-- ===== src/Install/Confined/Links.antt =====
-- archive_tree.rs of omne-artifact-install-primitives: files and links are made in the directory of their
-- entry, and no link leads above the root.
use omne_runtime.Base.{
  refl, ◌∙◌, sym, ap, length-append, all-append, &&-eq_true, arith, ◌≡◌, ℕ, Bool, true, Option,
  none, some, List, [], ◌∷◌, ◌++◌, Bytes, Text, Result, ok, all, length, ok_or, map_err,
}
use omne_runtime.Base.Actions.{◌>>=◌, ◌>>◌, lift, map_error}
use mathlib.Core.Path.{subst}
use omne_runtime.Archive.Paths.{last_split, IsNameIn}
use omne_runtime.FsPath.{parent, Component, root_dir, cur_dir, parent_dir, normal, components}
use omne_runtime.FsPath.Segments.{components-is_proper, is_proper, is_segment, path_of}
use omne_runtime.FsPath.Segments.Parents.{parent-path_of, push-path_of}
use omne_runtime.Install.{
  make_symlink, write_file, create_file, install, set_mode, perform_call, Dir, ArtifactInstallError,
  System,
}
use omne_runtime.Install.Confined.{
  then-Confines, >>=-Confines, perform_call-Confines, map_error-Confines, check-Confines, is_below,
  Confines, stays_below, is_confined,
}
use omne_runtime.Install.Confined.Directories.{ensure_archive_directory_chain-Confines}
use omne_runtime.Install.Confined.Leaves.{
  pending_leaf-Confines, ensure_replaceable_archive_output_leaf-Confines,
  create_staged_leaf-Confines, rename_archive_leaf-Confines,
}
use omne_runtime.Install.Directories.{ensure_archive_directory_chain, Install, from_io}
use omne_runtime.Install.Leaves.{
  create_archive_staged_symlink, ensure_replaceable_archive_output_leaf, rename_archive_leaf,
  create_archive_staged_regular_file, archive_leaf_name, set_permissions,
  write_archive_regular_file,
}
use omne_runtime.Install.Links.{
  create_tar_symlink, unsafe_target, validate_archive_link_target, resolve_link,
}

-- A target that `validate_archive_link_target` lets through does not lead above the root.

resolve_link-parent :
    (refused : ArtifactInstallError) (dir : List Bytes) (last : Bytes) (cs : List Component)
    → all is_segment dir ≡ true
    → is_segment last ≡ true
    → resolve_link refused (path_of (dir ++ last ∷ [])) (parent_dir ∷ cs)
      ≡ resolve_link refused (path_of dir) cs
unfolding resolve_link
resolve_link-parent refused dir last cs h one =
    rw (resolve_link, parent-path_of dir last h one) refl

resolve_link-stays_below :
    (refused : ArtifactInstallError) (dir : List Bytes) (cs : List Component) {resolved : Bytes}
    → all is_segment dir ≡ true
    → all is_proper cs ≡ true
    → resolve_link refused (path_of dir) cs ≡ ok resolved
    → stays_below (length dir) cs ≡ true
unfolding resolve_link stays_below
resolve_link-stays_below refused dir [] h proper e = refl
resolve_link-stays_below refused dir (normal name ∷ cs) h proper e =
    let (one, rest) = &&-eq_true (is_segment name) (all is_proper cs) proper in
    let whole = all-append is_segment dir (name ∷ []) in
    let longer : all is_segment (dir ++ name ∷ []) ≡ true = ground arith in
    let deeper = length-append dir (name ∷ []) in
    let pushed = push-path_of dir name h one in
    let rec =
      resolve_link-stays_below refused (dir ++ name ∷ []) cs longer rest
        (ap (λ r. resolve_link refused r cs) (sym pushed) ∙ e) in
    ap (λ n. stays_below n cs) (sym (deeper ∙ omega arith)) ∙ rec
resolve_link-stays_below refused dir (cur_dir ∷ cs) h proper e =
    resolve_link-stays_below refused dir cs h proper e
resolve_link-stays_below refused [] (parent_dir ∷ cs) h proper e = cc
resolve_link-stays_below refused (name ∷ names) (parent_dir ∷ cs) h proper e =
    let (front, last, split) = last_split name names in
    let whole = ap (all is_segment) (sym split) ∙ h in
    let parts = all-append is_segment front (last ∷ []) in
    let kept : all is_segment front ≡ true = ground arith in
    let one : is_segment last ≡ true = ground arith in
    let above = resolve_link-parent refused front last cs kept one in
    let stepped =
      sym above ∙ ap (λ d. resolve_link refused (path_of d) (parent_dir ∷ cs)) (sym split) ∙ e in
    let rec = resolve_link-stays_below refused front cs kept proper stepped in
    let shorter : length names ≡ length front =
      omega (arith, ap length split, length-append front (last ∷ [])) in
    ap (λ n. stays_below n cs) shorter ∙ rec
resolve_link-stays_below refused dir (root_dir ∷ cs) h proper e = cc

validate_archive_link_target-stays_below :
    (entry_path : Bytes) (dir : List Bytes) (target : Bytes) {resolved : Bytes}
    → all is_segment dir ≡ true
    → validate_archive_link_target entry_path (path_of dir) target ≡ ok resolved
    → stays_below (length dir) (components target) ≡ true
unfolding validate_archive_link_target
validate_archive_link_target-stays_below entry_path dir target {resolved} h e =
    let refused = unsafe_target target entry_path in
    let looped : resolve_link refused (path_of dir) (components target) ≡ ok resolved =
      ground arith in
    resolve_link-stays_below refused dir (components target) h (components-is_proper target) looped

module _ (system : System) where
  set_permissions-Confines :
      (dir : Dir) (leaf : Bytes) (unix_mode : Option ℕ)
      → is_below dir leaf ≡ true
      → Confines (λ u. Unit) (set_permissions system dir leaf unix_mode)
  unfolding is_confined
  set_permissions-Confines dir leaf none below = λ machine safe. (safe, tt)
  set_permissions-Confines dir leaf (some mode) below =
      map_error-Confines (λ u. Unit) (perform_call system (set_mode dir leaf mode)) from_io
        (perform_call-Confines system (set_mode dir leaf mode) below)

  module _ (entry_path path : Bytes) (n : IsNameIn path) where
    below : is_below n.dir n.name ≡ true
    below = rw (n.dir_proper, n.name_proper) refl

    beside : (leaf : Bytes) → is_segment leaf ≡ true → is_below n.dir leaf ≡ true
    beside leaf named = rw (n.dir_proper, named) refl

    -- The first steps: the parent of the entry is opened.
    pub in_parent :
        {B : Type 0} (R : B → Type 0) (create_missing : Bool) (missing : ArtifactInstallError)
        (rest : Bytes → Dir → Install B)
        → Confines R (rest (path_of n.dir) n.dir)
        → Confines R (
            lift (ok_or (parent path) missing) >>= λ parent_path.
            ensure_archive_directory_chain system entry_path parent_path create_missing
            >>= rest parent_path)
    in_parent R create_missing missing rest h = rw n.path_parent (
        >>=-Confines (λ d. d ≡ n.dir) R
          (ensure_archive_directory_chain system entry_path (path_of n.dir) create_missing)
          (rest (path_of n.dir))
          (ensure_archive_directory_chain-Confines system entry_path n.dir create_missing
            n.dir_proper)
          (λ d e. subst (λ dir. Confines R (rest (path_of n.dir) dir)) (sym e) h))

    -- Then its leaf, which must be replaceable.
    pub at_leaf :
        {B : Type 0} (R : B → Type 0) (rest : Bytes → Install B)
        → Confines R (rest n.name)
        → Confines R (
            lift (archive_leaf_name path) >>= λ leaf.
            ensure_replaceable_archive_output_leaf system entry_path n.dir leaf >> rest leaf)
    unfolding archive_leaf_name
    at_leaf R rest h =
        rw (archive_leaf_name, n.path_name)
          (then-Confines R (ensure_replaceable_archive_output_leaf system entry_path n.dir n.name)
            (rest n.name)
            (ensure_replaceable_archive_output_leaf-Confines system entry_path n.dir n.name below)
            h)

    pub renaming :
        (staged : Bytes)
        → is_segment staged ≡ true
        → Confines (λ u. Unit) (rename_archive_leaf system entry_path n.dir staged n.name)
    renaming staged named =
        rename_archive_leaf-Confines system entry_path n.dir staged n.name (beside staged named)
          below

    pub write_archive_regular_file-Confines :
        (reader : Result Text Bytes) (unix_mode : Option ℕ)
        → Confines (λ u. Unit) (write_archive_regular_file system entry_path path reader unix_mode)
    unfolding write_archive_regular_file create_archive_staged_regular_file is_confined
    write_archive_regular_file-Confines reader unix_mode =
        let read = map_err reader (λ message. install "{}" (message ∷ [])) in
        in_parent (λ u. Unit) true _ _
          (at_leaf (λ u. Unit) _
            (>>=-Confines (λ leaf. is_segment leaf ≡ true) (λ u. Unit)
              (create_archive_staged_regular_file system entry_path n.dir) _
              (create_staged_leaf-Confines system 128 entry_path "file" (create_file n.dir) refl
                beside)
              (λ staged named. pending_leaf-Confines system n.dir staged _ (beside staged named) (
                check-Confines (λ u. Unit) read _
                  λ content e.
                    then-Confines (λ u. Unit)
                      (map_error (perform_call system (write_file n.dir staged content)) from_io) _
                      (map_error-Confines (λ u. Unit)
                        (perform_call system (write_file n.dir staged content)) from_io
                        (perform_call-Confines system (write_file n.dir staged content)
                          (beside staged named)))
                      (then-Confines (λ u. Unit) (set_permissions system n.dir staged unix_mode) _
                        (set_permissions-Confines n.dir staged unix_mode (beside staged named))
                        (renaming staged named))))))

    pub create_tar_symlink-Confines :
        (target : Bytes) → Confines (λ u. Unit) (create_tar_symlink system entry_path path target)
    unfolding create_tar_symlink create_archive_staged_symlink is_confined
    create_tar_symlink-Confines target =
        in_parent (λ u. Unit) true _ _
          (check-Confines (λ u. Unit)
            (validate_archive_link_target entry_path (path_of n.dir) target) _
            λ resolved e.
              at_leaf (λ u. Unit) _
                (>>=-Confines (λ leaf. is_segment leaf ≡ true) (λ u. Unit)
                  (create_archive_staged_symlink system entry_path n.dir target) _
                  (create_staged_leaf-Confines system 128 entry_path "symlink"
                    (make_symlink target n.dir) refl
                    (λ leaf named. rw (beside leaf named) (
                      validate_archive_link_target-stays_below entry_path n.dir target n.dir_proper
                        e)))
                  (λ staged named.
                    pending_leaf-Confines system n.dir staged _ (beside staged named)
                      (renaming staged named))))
+ + +
WHAT YOU ARE ASKED TO DO
Beginning with the line containing "(ap (λ r. resolve_link" and ending with the line containing "resolve_link-stays_below refused (name", extract those lines exactly from the listing above, and only those.

RESULT OF THIS TASK
        (ap (λ r. resolve_link refused r cs) (sym pushed) ∙ e) in
    ap (λ n. stays_below n cs) (sym (deeper ∙ omega arith)) ∙ rec
resolve_link-stays_below refused dir (cur_dir ∷ cs) h proper e =
    resolve_link-stays_below refused dir cs h proper e
resolve_link-stays_below refused [] (parent_dir ∷ cs) h proper e = cc
resolve_link-stays_below refused (name ∷ names) (parent_dir ∷ cs) h proper e =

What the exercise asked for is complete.